Once the line with "[]) fourfold ([]" is found in the entries below, repeat it and each following line exactly, up to and including the line with "(four-Hold, (tt, (tt, tt))))". Add no other lines.

=== Section Start ===

-- ===== src/Tests/Merging.antt =====
-- Examples on compactions, in a store in which every file holds the same two pairs.
use cs.Prelude.{
  ℕ, ◌+◌, ◌*◌, ◌<◌, ◌≡◌, inl, refl, List, [], ◌∷◌, some, true, false, ◌==◌, if◌then◌else◌, arith,
  length, ltb,
}
use cs.Int64.{rank}
use cs.Double.{Doubles, zero_double, one_double, four_double, minus_zero}
use cs.Result.{ok}
use cs.Pair.{KeyValuePair, encode}
use cs.Bloom.{optimal_bits}
use cs.SkipList
use cs.Compaction.{deduplicate}
use cs.Compaction.Sorting.{insert_pair, insertion_sort, insertion_sort-IsSort}
use cs.Store.{Store}
use cs.Run.{Run, data_filename, pair_size}
use cs.Run.Holds.{Holds}
use cs.Level.{Level, tiering, lazy_leveling, leveling}
use cs.Tree.{LsmTree, calculate_fpr_for_level, get_target_level_for_size}
use cs.Tree.Compact.{perform_compaction}
use cs.Tree.Holds.{RunsHold, TreeHolds, newest, newest_of_runs, newest_of_levels}
use cs.Tree.Names.{LevelsNamed}
use cs.Tree.Merge.{merged}
use cs.Tree.Preserved.{Merges}
use cs.Tree.Tiering.{perform_compaction-tiering}
use cs.Tree.Leveling.{perform_compaction-in_place}
use cs.Tree.Sinks.{perform_compaction-sink}
use cs.Tests.{two, two-Fits, two-Ascends, coarse, stored, run, run-Holds}
use cs.Tests.Buffer.{filled, filled-IsValid}

abbrev pub copies : Store
copies = record stored { disk = λ _. some (encode two) }

abbrev pub copy : ℕ → ℕ → Run
copy level run_id = record run {
  level = level;
  run_id = run_id;
  filename = data_filename level run_id;
}

pub copy-Holds : (level run_id : ℕ) → Holds copies (copy level run_id) two
copy-Holds level run_id = record {
  stored = refl;
  fits = two-Fits;
  ascending = two-Ascends;
  counted = refl;
  filtered = run-Holds.filtered;
  indexed = run-Holds.indexed;
}

abbrev pub top : Level
top = record { level_number = 0; strategy = tiering; runs = [] }

abbrev three_runs : Level
three_runs = record {
  level_number = 1;
  strategy = tiering;
  runs = copy 1 0 ∷ copy 1 1 ∷ copy 1 2 ∷ [];
}

abbrev four_runs : Level
four_runs = record three_runs { runs = copy 1 0 ∷ copy 1 1 ∷ copy 1 2 ∷ copy 1 3 ∷ [] }

abbrev pub lazy : Level
lazy = record { level_number = 2; strategy = lazy_leveling; runs = copy 2 0 ∷ copy 2 1 ∷ [] }

abbrev pub third : Level
third = record { level_number = 3; strategy = leveling; runs = [] }

abbrev pub fourth : Level
fourth = record { level_number = 4; strategy = leveling; runs = [] }

abbrev pub base : LsmTree
base = record {
  buffer = filled;
  levels = [];
  max_level = 4;
  buffer_size_bytes = 4096;
  compaction_enabled = true;
  read_count = 0;
  write_count = 0;
  store = copies;
  locked = false;
}

abbrev pub sort : List KeyValuePair → List KeyValuePair
sort = insertion_sort true

abbrev twice : List (List KeyValuePair)
twice = two ∷ two ∷ []

abbrev fourfold : List (List KeyValuePair)
fourfold = two ∷ two ∷ two ∷ two ∷ []

merged-fourfold : merged sort fourfold ≡ two
unfolding merged insertion_sort insert_pair deduplicate rank
merged-fourfold = refl

merged-twice : merged sort twice ≡ two
unfolding merged insertion_sort insert_pair deduplicate rank
merged-twice = refl

some_bits :
    (0 < optimal_bits coarse 2 (calculate_fpr_for_level coarse 4 1))
    × (0 < optimal_bits coarse 2 (calculate_fpr_for_level coarse 4 2))
unfolding optimal_bits calculate_fpr_for_level
some_bits = omega arith

four-Hold : RunsHold copies four_runs.runs fourfold
four-Hold = (copy-Holds 1 0, (copy-Holds 1 1, (copy-Holds 1 2, (copy-Holds 1 3, tt))))

perform_compaction-tiering_example :
    (t : LsmTree) × (perform_compaction coarse sort 4 1
        (record base { levels = top ∷ four_runs ∷ third ∷ fourth ∷ [] })
      ≡ (ok tt, t))
    × TreeHolds t ([] ∷ [] ∷ (merged sort fourfold ∷ []) ∷ [] ∷ [])
    × LevelsNamed 0 t.levels
    × (t.buffer ≡ filled)
    × ((k : ℕ)
        → Merges k (SkipList.get_all_sorted filled) ([] ∷ []) fourfold ([] ∷ [] ∷ []) (
            newest k
              (SkipList.get_all_sorted t.buffer)
              ([] ∷ [] ∷ (merged sort fourfold ∷ []) ∷ [] ∷ [])))
perform_compaction-tiering_example =
    perform_compaction-tiering coarse sort 3 base (top ∷ []) four_runs third (fourth ∷ []) ([] ∷ [])
      fourfold [] ([] ∷ []) refl (insertion_sort-IsSort true) refl refl refl
      (record { buffered = filled-IsValid; on_disk = (tt, (four-Hold, (tt, (tt, tt)))) })
      (tt, ((refl, (refl, (refl, (refl, tt)))), (tt, (tt, tt)))) (rw merged-fourfold)
      (rw merged-fourfold some_bits.1)
      (record { data_file = refl; bloom_file = refl; fence_file = refl }) refl refl

abbrev lazy_full : Level
lazy_full = record lazy { runs = copy 2 0 ∷ copy 2 1 ∷ copy 2 2 ∷ [] }

abbrev threefold : List (List KeyValuePair)
threefold = two ∷ two ∷ two ∷ []

lazy-Hold : RunsHold copies lazy_full.runs threefold
lazy-Hold = (copy-Holds 2 0, (copy-Holds 2 1, (copy-Holds 2 2, tt)))

merged-threefold : merged sort threefold ≡ two
unfolding merged insertion_sort insert_pair deduplicate rank
merged-threefold = refl

two_small :
    (ls : List Level)
    → ltb 2
        (get_target_level_for_size coarse (record base { levels = ls }) (length two * pair_size))
      ≡ false
unfolding get_target_level_for_size
two_small ls = refl

perform_compaction-in_place_example :
    (t : LsmTree) × (perform_compaction coarse sort 4 2
        (record base { levels = top ∷ top ∷ lazy_full ∷ third ∷ fourth ∷ [] })
      ≡ (ok tt, t))
    × TreeHolds t ([] ∷ [] ∷ (merged sort threefold ∷ []) ∷ [] ∷ [] ∷ [])
    × LevelsNamed 0 t.levels
    × (t.buffer ≡ filled)
    × (t.max_level ≡ 4)
    × ((k : ℕ)
        → Merges k (SkipList.get_all_sorted filled) ([] ∷ [] ∷ []) threefold ([] ∷ [] ∷ []) (
            newest k
              (SkipList.get_all_sorted t.buffer)
              ([] ∷ [] ∷ (merged sort threefold ∷ []) ∷ [] ∷ [] ∷ [])))
perform_compaction-in_place_example =
    perform_compaction-in_place coarse sort 3 base (top ∷ top ∷ []) lazy_full (third ∷ fourth ∷ [])
      ([] ∷ [] ∷ []) threefold ([] ∷ [] ∷ []) refl (insertion_sort-IsSort true) refl (inl refl)
      (record { buffered = filled-IsValid; on_disk = (tt, (tt, (lazy-Hold, (tt, (tt, tt))))) })
      (tt, (tt, ((refl, (refl, (refl, tt))), (tt, (tt, tt))))) (rw merged-threefold)
      (rw merged-threefold (two_small (top ∷ top ∷ lazy_full ∷ third ∷ fourth ∷ [])))
      (rw merged-threefold some_bits.1)
      (record { data_file = refl; bloom_file = refl; fence_file = refl }) refl

-- The capacity of a level grows by one, and a level of 4100 takes everything.
abbrev growing : Doubles
growing = record coarse {
  mul = λ a b.
      if b == zero_double then minus_zero else if b == four_double then a + 1 else one_double;
  lt = λ a b. ltb a 4100;
}

abbrev tall : LsmTree
tall = record base { max_level = 5 }

abbrev fifth : Level
fifth = record { level_number = 5; strategy = leveling; runs = [] }

sink_bits : 0 < optimal_bits growing 2 (calculate_fpr_for_level growing 5 4)
unfolding optimal_bits calculate_fpr_for_level
sink_bits = omega arith

two_sinks :
    (ls : List Level)
    → get_target_level_for_size growing (record tall { levels = ls }) (length two * pair_size) ≡ 4
unfolding get_target_level_for_size
two_sinks ls = refl

perform_compaction-sink_example :
    (t : LsmTree) × (perform_compaction growing sort 4 2
        (record tall { levels = top ∷ top ∷ lazy_full ∷ third ∷ fourth ∷ fifth ∷ [] })
      ≡ (ok tt, t))
    × TreeHolds t ([] ∷ [] ∷ [] ∷ [] ∷ (merged sort threefold ∷ []) ∷ [] ∷ [])
    × LevelsNamed 0 t.levels
    × (t.buffer ≡ filled)
    × ((k : ℕ)
        → Merges k (SkipList.get_all_sorted filled) ([] ∷ [] ∷ []) threefold ([] ∷ [] ∷ [] ∷ []) (
            newest k
              (SkipList.get_all_sorted t.buffer)
              ([] ∷ [] ∷ [] ∷ [] ∷ (merged sort threefold ∷ []) ∷ [] ∷ [])))
unfolding newest_of_levels newest_of_runs
perform_compaction-sink_example =
    perform_compaction-sink growing sort 3 tall (top ∷ top ∷ []) lazy_full (third ∷ []) fourth
      (fifth ∷ []) ([] ∷ [] ∷ []) threefold ([] ∷ []) [] ([] ∷ []) refl refl
      (insertion_sort-IsSort true) refl (inl refl)
      (record {
        buffered = filled-IsValid;
        on_disk = (tt, (tt, (lazy-Hold, (tt, (tt, (tt, tt))))));
      })
      (tt, (tt, ((refl, (refl, (refl, tt))), (tt, (tt, (tt, tt)))))) (λ k. refl)
      (rw merged-threefold)
      (rw merged-threefold (two_sinks (top ∷ top ∷ lazy_full ∷ third ∷ fourth ∷ fifth ∷ [])))
      (rw merged-threefold sink_bits)
      (record { data_file = refl; bloom_file = refl; fence_file = refl }) refl refl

=== Section End ===

> SOLUTION TO THE EXERCISE:
        → Merges k (SkipList.get_all_sorted filled) ([] ∷ []) fourfold ([] ∷ [] ∷ []) (
            newest k
              (SkipList.get_all_sorted t.buffer)
              ([] ∷ [] ∷ (merged sort fourfold ∷ []) ∷ [] ∷ [])))
perform_compaction-tiering_example =
    perform_compaction-tiering coarse sort 3 base (top ∷ []) four_runs third (fourth ∷ []) ([] ∷ [])
      fourfold [] ([] ∷ []) refl (insertion_sort-IsSort true) refl refl refl
      (record { buffered = filled-IsValid; on_disk = (tt, (four-Hold, (tt, (tt, tt)))) })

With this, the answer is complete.